• **TASK ITEM**: Using the listing that follows, filter out every line lacking the string "abbrev" and return the rest.

BEGIN EXTRACTED INFORMATION

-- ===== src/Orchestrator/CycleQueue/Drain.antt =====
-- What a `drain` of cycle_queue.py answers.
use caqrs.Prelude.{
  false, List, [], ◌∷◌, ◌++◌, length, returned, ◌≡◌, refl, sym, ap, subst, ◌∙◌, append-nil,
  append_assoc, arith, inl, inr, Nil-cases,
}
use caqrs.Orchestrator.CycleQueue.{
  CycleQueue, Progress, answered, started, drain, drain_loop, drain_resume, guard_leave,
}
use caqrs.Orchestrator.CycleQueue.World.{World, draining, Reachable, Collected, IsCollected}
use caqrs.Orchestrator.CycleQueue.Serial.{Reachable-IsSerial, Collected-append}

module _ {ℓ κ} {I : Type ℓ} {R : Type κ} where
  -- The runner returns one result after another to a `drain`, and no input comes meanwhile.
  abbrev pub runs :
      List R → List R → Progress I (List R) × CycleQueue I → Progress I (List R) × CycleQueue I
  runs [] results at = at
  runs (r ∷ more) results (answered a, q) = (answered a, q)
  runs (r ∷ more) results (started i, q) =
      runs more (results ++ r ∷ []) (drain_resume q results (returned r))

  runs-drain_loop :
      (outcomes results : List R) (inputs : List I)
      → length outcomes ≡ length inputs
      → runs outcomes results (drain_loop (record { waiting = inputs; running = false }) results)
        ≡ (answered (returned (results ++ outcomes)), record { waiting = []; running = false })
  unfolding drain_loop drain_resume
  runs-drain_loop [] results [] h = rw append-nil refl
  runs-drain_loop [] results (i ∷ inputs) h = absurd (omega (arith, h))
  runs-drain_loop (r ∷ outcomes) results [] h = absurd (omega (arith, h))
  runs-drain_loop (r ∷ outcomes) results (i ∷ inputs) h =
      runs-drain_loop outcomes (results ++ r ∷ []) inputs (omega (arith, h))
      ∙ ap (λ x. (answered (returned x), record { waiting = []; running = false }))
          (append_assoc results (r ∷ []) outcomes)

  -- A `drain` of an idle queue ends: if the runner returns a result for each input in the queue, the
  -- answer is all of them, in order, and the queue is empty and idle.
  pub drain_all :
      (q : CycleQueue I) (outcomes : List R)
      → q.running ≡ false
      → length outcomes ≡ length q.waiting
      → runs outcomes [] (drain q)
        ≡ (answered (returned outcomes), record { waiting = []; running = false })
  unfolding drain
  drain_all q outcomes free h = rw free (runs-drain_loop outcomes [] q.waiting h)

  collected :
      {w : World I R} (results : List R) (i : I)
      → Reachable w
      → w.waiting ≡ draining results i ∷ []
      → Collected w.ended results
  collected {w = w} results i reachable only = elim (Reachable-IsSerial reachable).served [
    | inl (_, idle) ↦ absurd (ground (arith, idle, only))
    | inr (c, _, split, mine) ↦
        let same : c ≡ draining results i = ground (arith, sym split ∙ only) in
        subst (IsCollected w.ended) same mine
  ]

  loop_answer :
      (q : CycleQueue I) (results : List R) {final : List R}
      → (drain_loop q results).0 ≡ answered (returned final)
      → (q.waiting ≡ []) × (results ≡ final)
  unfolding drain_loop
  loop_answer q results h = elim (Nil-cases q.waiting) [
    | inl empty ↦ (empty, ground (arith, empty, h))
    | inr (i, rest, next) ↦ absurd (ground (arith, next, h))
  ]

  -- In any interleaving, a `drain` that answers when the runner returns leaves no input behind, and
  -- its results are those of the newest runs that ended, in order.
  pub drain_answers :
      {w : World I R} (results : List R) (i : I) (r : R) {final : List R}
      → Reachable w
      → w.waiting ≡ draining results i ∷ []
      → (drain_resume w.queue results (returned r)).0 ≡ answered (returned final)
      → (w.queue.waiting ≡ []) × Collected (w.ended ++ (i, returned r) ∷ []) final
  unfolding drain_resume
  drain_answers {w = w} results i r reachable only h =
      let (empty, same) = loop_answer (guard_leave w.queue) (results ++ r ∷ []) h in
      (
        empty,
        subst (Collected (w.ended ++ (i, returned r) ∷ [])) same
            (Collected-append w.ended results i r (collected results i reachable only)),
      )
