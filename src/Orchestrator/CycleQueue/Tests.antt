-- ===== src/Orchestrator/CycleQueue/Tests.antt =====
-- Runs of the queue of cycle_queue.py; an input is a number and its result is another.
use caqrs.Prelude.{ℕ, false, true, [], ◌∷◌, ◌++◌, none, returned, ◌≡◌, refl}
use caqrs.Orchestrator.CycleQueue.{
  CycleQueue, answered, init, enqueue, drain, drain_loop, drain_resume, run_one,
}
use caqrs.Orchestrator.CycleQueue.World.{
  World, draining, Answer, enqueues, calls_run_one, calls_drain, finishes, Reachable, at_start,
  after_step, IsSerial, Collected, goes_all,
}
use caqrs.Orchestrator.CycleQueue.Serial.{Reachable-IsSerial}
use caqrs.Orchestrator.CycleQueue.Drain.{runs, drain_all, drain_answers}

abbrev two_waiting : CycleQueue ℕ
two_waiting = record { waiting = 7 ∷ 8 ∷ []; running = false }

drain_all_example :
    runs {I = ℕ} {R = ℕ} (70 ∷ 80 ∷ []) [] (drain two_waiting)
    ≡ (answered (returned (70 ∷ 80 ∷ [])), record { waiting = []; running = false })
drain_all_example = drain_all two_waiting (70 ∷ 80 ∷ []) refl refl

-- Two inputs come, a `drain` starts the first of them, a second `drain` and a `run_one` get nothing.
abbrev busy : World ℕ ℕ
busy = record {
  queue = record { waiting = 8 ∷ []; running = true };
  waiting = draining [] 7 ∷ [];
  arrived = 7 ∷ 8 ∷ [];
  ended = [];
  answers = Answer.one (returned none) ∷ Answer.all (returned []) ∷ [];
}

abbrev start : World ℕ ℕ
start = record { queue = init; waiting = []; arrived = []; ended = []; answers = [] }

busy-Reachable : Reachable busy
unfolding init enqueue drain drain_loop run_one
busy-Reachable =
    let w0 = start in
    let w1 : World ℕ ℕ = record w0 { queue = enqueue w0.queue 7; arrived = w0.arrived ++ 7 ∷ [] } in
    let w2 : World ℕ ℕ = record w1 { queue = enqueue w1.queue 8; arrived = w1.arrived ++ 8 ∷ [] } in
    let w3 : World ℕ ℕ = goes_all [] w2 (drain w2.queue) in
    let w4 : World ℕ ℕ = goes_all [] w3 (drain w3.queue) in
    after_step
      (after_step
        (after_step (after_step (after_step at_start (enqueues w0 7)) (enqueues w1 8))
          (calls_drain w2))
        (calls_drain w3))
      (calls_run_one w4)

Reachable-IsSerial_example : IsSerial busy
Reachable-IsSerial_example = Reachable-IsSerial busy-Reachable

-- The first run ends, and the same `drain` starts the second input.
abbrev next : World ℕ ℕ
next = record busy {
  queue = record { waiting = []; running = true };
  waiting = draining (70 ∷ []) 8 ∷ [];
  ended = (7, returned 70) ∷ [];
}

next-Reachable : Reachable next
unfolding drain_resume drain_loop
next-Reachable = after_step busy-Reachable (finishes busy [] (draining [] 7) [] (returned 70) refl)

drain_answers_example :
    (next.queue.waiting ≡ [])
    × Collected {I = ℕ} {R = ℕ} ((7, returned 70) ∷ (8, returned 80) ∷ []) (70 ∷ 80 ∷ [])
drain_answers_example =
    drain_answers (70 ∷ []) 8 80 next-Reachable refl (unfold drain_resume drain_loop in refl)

END EXTRACTED INFORMATION

• **EXPECTED ANSWER**:
  abbrev pub runs :
abbrev two_waiting : CycleQueue ℕ
abbrev busy : World ℕ ℕ
abbrev start : World ℕ ℕ
abbrev next : World ℕ ℕ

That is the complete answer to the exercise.